Current vision-language navigation methods face substantial bottlenecks regarding heterogeneous robot compatibility, real-time performance, and navigation safety. Furthermore, they struggle to support open-vocabulary semantic generalization and multimodal task inputs. To address these challenges, this paper proposes FSUNav: a Cerebrum-Cerebellum architecture for fast, safe, and universal zero-shot goal-oriented navigation, which innovatively integrates vision-language models (VLMs) with the proposed architecture. The cerebellum module, a high-frequency end-to-end module, develops a universal local planner based on deep reinforcement learning, enabling unified navigation across heterogeneous platforms (e.g., humanoid, quadruped, wheeled robots) to improve navigation efficiency while significantly reducing collision risk. The cerebrum module constructs a three-layer reasoning model and leverages VLMs to build an end-to-end detection and verification mechanism, enabling zero-shot open-vocabulary goal navigation without predefined IDs and improving task success rates in both simulation and real-world environments. Additionally, the framework supports multimodal inputs (e.g., text, target descriptions, and images), further enhancing generalization, real-time performance, safety, and robustness. Experimental results on MP3D, HM3D, and OVON benchmarks demonstrate that FSUNav achieves state-of-the-art performance on object, instance image, and task navigation, significantly outperforming existing methods. Real-world deployments on diverse robotic platforms further validate its robustness and practical applicability.

Paper Structure

This paper contains 21 sections, 7 equations, 4 figures, 1 table.

Figures (4)

  • Figure 1: The overall framework of FSUNav is shown in the figure. Current vision-language navigation methods still face significant limitations in terms of heterogeneous robot compatibility, real-time performance, and navigation safety, while also struggling to support open-vocabulary semantic generalization and multimodal task inputs. To address these issues, this paper proposes FSUNav, which leverages an efficient dual-brain collaborative architecture to achieve fast, safe, and generalizable zero-shot goal-oriented navigation, delivering comprehensive improvements in generalization capability, real-time performance, safety, and robustness.

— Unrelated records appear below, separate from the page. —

-- ===== src/Lifecycle/Tests.antt =====
-- Runs of the sample flow whose builds a human approves.
use donkeyspace.Prelude.{
  if◌then◌else◌, ◌∙◌, sym, ap, ℕ, ◌≤◌, ◌-◌, ◌≡◌, ◌≢◌, refl, sym, ap, Bool, true, false, List, [],
  ◌∷◌, none, some, Result, ok, err, keys, is_distinct, contains, Memᴰ, text_eq, arith, ◌==◌, Option,
}
use donkeyspace.Text.{Text, lit}
use donkeyspace.Plugin.{PluginFlow, PluginApprovalMode}
use donkeyspace.Plugin.Samples.{sample_flow, sample_items, build_task, plan_task, stray_flow}
use donkeyspace.RunResult.{RunResult, Outcome, Confidence, Risk, PluginTaskResult}
use donkeyspace.Approvals.{required}
use donkeyspace.TaskGraph.{
  TaskKey, key_Eq, TaskGraph, waiting, running, completed, completed_keys, is_complete,
}
use donkeyspace.Lifecycle.{LifecycleState, Exit, Outside, paused, no_runnable_tasks}
use donkeyspace.Lifecycle.Wave.{settle_wave, run}
use donkeyspace.Lifecycle.Wave.Runs.{run_ends}
use donkeyspace.Lifecycle.Wave.Runs.Left.{left}
use donkeyspace.Lifecycle.Wave.Runs.Limits.{IsWithin, run-IsWithin}
use donkeyspace.Lifecycle.Wave.Runs.Gates.{RequiresApproval, run-RequiresApproval}
use donkeyspace.Lifecycle.Wave.Pauses.{paused_approvals, paused_clarifications}
use donkeyspace.Lifecycle.Wave.Pauses.Required.{required_entry}
use donkeyspace.Lifecycle.Wave.Pauses.Complete.{settle_wave_lists, settle_wave-required}

abbrev gated_flow : PluginFlow
gated_flow = record sample_flow {
  tasks =
      (lit "build", record build_task { approval = PluginApprovalMode.required })
      ∷ (lit "plan", plan_task)
      ∷ [];
}

abbrev plan_key : TaskKey
plan_key = record { work_item = none; task = lit "plan" }

abbrev build_key : Text → TaskKey
build_key id = record { work_item = some id; task = lit "build" }

abbrev result_of : Outcome → List Text → RunResult
result_of outcome questions = record {
  outcome = outcome;
  summary = [];
  confidence = Confidence.high;
  risk = Risk.low;
  questions = questions;
  tests = [];
  changed_files = [];
  human_review_reason = none;
  blocked_reason = none;
}

abbrev task_result : Outcome → List Text → PluginTaskResult
task_result outcome questions = record {
  result = result_of outcome questions;
  handoff = none;
  work_items = none;
}

-- Every task is implemented.
abbrev willing : Outside Text
willing = record {
  execute = λ s k. ok (task_result Outcome.implemented []);
  save = λ s approvals. ok tt;
  read_registry = λ s. ok sample_items;
  has_specification = λ path. true;
}

abbrev planned : TaskGraph
planned = record {
  states =
      (plan_key, completed) ∷ (build_key (lit "a"), waiting) ∷ (build_key (lit "b"), waiting) ∷ [];
  dependencies =
      (plan_key, [])
      ∷ (build_key (lit "a"), plan_key ∷ [])
      ∷ (build_key (lit "b"), plan_key ∷ build_key (lit "a") ∷ [])
      ∷ [];
}

abbrev begun : LifecycleState Text
begun = record {
  execution_plan = none;
  attempt = 0;
  accumulated_tests = [];
  aggregate_risk = Risk.low;
  aggregate_confidence = Confidence.high;
  last_result = result_of Outcome.implemented [];
  graph = planned;
  handoffs = [];
  work_items = sample_items;
}

-- The first build waits for its approval.
abbrev waits : LifecycleState Text
waits = record begun {
  attempt = 1;
  graph = record planned {
    states =
        (plan_key, completed)
        ∷ (build_key (lit "a"), running)
        ∷ (build_key (lit "b"), waiting)
        ∷ [];
  };
}

gated_run :
    run willing gated_flow 1 65 begun
    ≡ some (err (paused waits (record { key = build_key (lit "a"); trigger = required } ∷ []) []))
unfolding run is_complete donkeyspace.TaskGraph.ready donkeyspace.Prelude.lookup
    donkeyspace.Prelude.list_eq lit donkeyspace.RunResult.Merge.max_risk
    donkeyspace.RunResult.Merge.min_confidence donkeyspace.Prelude.assign
gated_run = refl

run_ends_example :
    (r : Result (Exit Text) (LifecycleState Text)) × (run willing gated_flow 1 65 begun ≡ some r)
run_ends_example = run_ends willing gated_flow 1 begun 65 (omega arith)

-- Without the approvals the run completes in two waves.
abbrev ended : LifecycleState Text
ended = record begun {
  attempt = 2;
  graph = record planned {
    states =
        (plan_key, completed)
        ∷ (build_key (lit "a"), completed)
        ∷ (build_key (lit "b"), completed)
        ∷ [];
  };
}

abbrev completion : Result (Exit Text) (LifecycleState Text)
completion = ok ended

none_counted : IsWithin 1 begun.handoffs
unfolding IsWithin donkeyspace.Prelude.lookup
none_counted e n h = cc

run-IsWithin_example : IsWithin 1 waits.handoffs
run-IsWithin_example =
    run-IsWithin willing gated_flow 1 65 begun {t = waits} gated_run refl none_counted

-- The first build is approved, and the second waits.
abbrev approved : LifecycleState Text
approved = record begun {
  attempt = 1;
  graph = record planned {
    states =
        (plan_key, completed)
        ∷ (build_key (lit "a"), completed)
        ∷ (build_key (lit "b"), waiting)
        ∷ [];
  };
}

abbrev waits_again : LifecycleState Text
waits_again = record begun {
  attempt = 2;
  graph = record planned {
    states =
        (plan_key, completed)
        ∷ (build_key (lit "a"), completed)
        ∷ (build_key (lit "b"), running)
        ∷ [];
  };
}

approved_run :
    run willing gated_flow 1 65 approved
    ≡ some (
        err (paused waits_again (record { key = build_key (lit "b"); trigger = required } ∷ []) []))
unfolding run is_complete donkeyspace.TaskGraph.ready donkeyspace.Prelude.lookup
    donkeyspace.Prelude.list_eq lit donkeyspace.RunResult.Merge.max_risk
    donkeyspace.RunResult.Merge.min_confidence donkeyspace.Prelude.assign
approved_run = refl

build-RequiresApproval : RequiresApproval gated_flow (build_key (lit "a"))
unfolding RequiresApproval donkeyspace.Prelude.lookup donkeyspace.Prelude.list_eq lit
build-RequiresApproval = (record build_task { approval = PluginApprovalMode.required }, refl, refl)

not_plan : ((build_key (lit "a")).task == gated_flow.start) ≡ false
unfolding donkeyspace.Prelude.list_eq lit
not_plan = refl

still_completed : contains (completed_keys waits_again.graph) (build_key (lit "a")) ≡ true
unfolding completed_keys donkeyspace.Prelude.list_eq lit
still_completed = refl

run-RequiresApproval_example : contains (completed_keys approved.graph) (build_key (lit "a")) ≡ true
run-RequiresApproval_example =
    run-RequiresApproval willing gated_flow 1 65 approved {t = waits_again} approved_run refl
      (build_key (lit "a")) build-RequiresApproval not_plan still_completed

-- A wave with a question and a task for a human.
abbrev mixed : List (TaskKey × PluginTaskResult)
mixed =
    (build_key (lit "a"), task_result Outcome.needs_info (lit "which?" ∷ []))
    ∷ (build_key (lit "b"), task_result Outcome.needs_human [])
    ∷ []

left-mixed : left (settle_wave willing gated_flow 1 begun mixed) ≡ some begun
unfolding settle_wave donkeyspace.Prelude.lookup donkeyspace.Prelude.list_eq lit
    donkeyspace.Prelude.insert_key donkeyspace.TaskGraph.key_before donkeyspace.Prelude.assign
left-mixed = refl

is_distinct-mixed : is_distinct (keys mixed) ≡ true
unfolding donkeyspace.Prelude.list_eq lit
is_distinct-mixed = refl

settle_wave_lists_example :
    Memᴰ
      (build_key (lit "a"), lit "which?" ∷ [])
      (paused_clarifications (settle_wave willing gated_flow 1 begun mixed))
settle_wave_lists_example =
    settle_wave_lists willing gated_flow 1 begun mixed {t = begun} left-mixed is_distinct-mixed
      (build_key (lit "a")) (task_result Outcome.needs_info (lit "which?" ∷ [])) (Memᴰ.head refl)

-- A wave with a build to approve.
abbrev built : List (TaskKey × PluginTaskResult)
built = (build_key (lit "a"), task_result Outcome.implemented []) ∷ []

left-built : left (settle_wave willing gated_flow 1 begun built) ≡ some begun
unfolding settle_wave donkeyspace.Prelude.lookup donkeyspace.Prelude.list_eq lit
left-built = refl

no_changes :
    (j : TaskKey) (y : PluginTaskResult)
    → Memᴰ (j, y) built
    → y.result.outcome ≢ Outcome.needs_changes
no_changes j y (Memᴰ.head q) e =
    let wrong : Outcome.implemented ≡ Outcome.needs_changes =
      sym (ap (λ b. b.1.result.outcome) q) ∙ e in
    cc
no_changes j y (Memᴰ.tail n) e = elim n [ ]

settle_wave-required_example :
    Memᴰ
      (required_entry (build_key (lit "a")))
      (paused_approvals (settle_wave willing gated_flow 1 begun built))
settle_wave-required_example =
    settle_wave-required willing gated_flow 1 begun built {t = begun} left-built no_changes
      (build_key (lit "a")) (task_result Outcome.implemented []) (Memᴰ.head refl) refl
      build-RequiresApproval

-- Every build hands off to the notes, which it does not depend on.
abbrev handing_off : Outside Text
handing_off = record willing {
  execute = λ s k.
      if k.task == lit "build"
      then ok (record (task_result Outcome.needs_changes []) {
        handoff = some (record { target = lit "notes"; reason = [] });
      })
      else ok (task_result Outcome.implemented []);
}

abbrev notes_key : TaskKey
notes_key = record { work_item = none; task = lit "notes" }

abbrev stray_begun : LifecycleState Text
stray_begun = record begun {
  graph = record {
    states =
        (notes_key, waiting)
        ∷ (plan_key, completed)
        ∷ (build_key (lit "a"), waiting)
        ∷ (build_key (lit "b"), waiting)
        ∷ [];
    dependencies =
        (notes_key, plan_key ∷ [])
        ∷ (plan_key, [])
        ∷ (build_key (lit "a"), plan_key ∷ [])
        ∷ (build_key (lit "b"), plan_key ∷ build_key (lit "a") ∷ [])
        ∷ [];
  };
}

-- The notes are restarted, and the build that handed off is never ready again.
stray_run : run handing_off stray_flow 1 65 stray_begun ≡ some (err no_runnable_tasks)
unfolding run is_complete donkeyspace.TaskGraph.ready donkeyspace.Prelude.lookup
    donkeyspace.Prelude.list_eq lit donkeyspace.Prelude.assign donkeyspace.TaskGraph.mark_completed
    donkeyspace.Approvals.normalize_handoff_target
stray_run = refl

  • Figure 2: The overall framework of FSUNav_Cerebrum is shown in the figure. A unified Vision-Language Model (VLM) serves as the core semantic engine across three Cerebrum layers. The Semantic Layer parses multimodal goals into structured target profiles and performs open-vocabulary grounding; the Spatial Layer integrates VLM-driven semantic waypoints with geometry-based frontier exploration for efficient navigation; and the Rule Layer orchestrates behavior via two-stage verification and adaptive cooldown, while also constructing a semantic scene graph. This hierarchical design enables training-free, zero-shot adaptation to heterogeneous goal-oriented navigation tasks.

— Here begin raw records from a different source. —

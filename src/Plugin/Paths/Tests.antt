-- ===== src/Plugin/Paths/Tests.antt =====
-- The path check at the paths of the source's test `rejects_path_traversal`.
use donkeyspace.Prelude.{◌≡◌, ◌↔◌, refl, Bool, true, false, Result, ok, err, all, List, [], ◌∷◌}
use donkeyspace.Text.{Text, lit}
use donkeyspace.Plugin.Paths.{validate_repository_path}
use donkeyspace.Plugin.Paths.Decides.{IsRepositoryPath, validate_repository_path_iff}

is_err : Text → Bool
is_err path = elim (validate_repository_path path) [ ok u ↦ false | err e ↦ true ]

refused_paths :
    all is_err (
      lit "."
      ∷ lit "./"
      ∷ lit ".git"
      ∷ lit "./.git/config"
      ∷ lit "src/.Git/config"
      ∷ lit "../rtl"
      ∷ [])
    ≡ true
unfolding is_err validate_repository_path lit donkeyspace.Text.is_blank donkeyspace.Prelude.list_eq
    donkeyspace.Text.eq_ignore_ascii_case donkeyspace.Plugin.Paths.component_text
refused_paths = refl

accepted_path : validate_repository_path (lit "src/rtl") ≡ ok tt
unfolding validate_repository_path lit donkeyspace.Text.is_blank donkeyspace.Prelude.list_eq
    donkeyspace.Text.eq_ignore_ascii_case donkeyspace.Plugin.Paths.component_text
accepted_path = refl

validate_repository_path_iff_example :
    (validate_repository_path (lit "src/rtl") ≡ ok tt) ↔ IsRepositoryPath (lit "src/rtl")
validate_repository_path_iff_example = validate_repository_path_iff (lit "src/rtl")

  • Figure 3: In our real-world experimental setup, we deployed the framework on a Unitree Go2 EDU quadruped robot. A custom 3D-printed mount was used to attach an Intel RealSense D455 camera to the robot for capturing real-time RGB observations.

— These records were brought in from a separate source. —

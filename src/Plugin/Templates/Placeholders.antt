-- ===== src/Plugin/Templates/Placeholders.antt =====
-- `placeholders` decides which texts are templates, and finds their placeholders in order.
use donkeyspace.Prelude.{
  ℕ, zero, suc, ◌<◌, ◌≡◌, sym, ap, ◌∙◌, false, List, [], ◌∷◌, ◌++◌, append_assoc, append-nil, some,
  ok, arith, Bool-cases, Option-cases, inl, inr, is_empty, length, ◌↔◌, ◌||◌,
}
use donkeyspace.Text.{
  Text, has_char, split_once, split_once_sound, split_once-none, split_once_finds, split_once_lacks,
  split_once-length,
}
use donkeyspace.Plugin.Templates.{placeholders_from, placeholders}

-- A text in which every `{` opens a placeholder, and no `}` stands behind the last of them.
pub data Template : Text → List Text → Type 0 where
  plain : (text : Text) → has_char b'{' text ≡ false → has_char b'}' text ≡ false → Template text []
  hole :
      {text : Text} {names : List Text} (before name later : Text)
      → text ≡ before ++ (b'{' ∷ (name ++ (b'}' ∷ later)))
      → has_char b'{' before ≡ false
      → is_empty name ≡ false
      → has_char b'{' name ≡ false
      → has_char b'}' name ≡ false
      → Template later names
      → Template text (name ∷ names)

from_sound :
    (fuel : ℕ) (value rest : Text) (found names : List Text)
    → length rest < fuel
    → placeholders_from fuel value rest found ≡ ok names
    → (more : List Text) × (names ≡ found ++ more) × Template rest more
unfolding placeholders_from
from_sound zero value rest found names l h = absurd (omega arith)
from_sound (suc fuel) value rest found names l h = elim (Option-cases (split_once b'{' rest)) [
  | inl e ↦ elim (Bool-cases (has_char b'}' rest)) [
    | inl c ↦ absurd (cc (rw (e, placeholders_from, c) at h))
    | inr c ↦
        let k : ok found ≡ ok names = rw (e, placeholders_from, c) at h in
        ([], ground (arith, append-nil found), Template.plain rest (split_once-none _ rest e) c)
  ]
  | inr ((before, after), e) ↦ elim (Option-cases (split_once b'}' after)) [
    | inl f ↦ absurd (cc (rw (e, placeholders_from, f) at h))
    | inr ((name, later), f) ↦ elim (Bool-cases (is_empty name || has_char b'{' name)) [
      | inl c ↦ absurd (cc (rw (e, placeholders_from, f, c) at h))
      | inr c ↦
          let (more, q, t) =
            from_sound fuel value later (found ++ name ∷ []) names
              (omega (
                arith,
                split_once-length _ rest before after e,
                split_once-length _ after name later f,
              ))
              (rw (e, placeholders_from, f, c) at h) in
          let (x, y) = split_once_sound b'{' rest before after e in
          let (v, w) = split_once_sound b'}' after name later f in
          (
            name ∷ more,
            q ∙ append_assoc found (name ∷ []) more,
            Template.hole before name later (rw v at x) y (ground arith) (ground arith) w t,
          )
    ]
  ]
]

from_complete :
    (fuel : ℕ) (value : Text) {rest : Text} (found : List Text) {more : List Text}
    → length rest < fuel
    → Template rest more
    → placeholders_from fuel value rest found ≡ ok (found ++ more)
unfolding placeholders_from
from_complete zero value found l t = absurd (omega arith)
from_complete (suc fuel) value found l (Template.plain text p q) =
    rw (split_once_lacks b'{' text p, placeholders_from, q) (ap ok (sym (append-nil found)))
from_complete (suc fuel) value {rest} found l
      (Template.hole {names} before name later e p n q r t) =
    let a : split_once b'{' rest ≡ some (before, name ++ (b'}' ∷ later)) =
      rw e (split_once_finds b'{' before (name ++ (b'}' ∷ later)) p) in
    let b = split_once_finds b'}' name later r in
    let c : (is_empty name || has_char b'{' name) ≡ false = ground arith in
    rw (a, placeholders_from, b, c, ← append_assoc found (name ∷ []) names)
      (from_complete fuel value (found ++ name ∷ [])
        (omega (arith, split_once-length _ rest before _ a, split_once-length _ _ name later b)) t)

-- `placeholders` succeeds with a list of names exactly if the text is a template with these
-- placeholders in this order; so its loop never stops early.
pub placeholders_iff :
    (value : Text) (names : List Text) → (placeholders value ≡ ok names) ↔ Template value names
unfolding placeholders
placeholders_iff value names =
    (to, λ t. from_complete (suc (length value)) value [] (omega arith) t)
  where
    to : placeholders_from (suc (length value)) value value [] ≡ ok names → Template value names
    to h =
        let (more, q, t) = from_sound (suc (length value)) value value [] names (omega arith) h in
        rw q t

  • Figure 4: Under a maximum locomotion speed of 0.6 m/s, the quadruped robot successfully completed the open‑vocabulary object goal navigation task targeting “umbrella.” During the experiment, the robot not only demonstrated efficient mobility but also exhibited real‑time dynamic obstacle avoidance capabilities, achieving safe approach and accurate identification of the target object in unstructured environments. Additional task types for the quadruped robot, along with physical experiments involving the humanoid robot G1 and wheeled mobile robots, are planned to be updated in subsequent versions.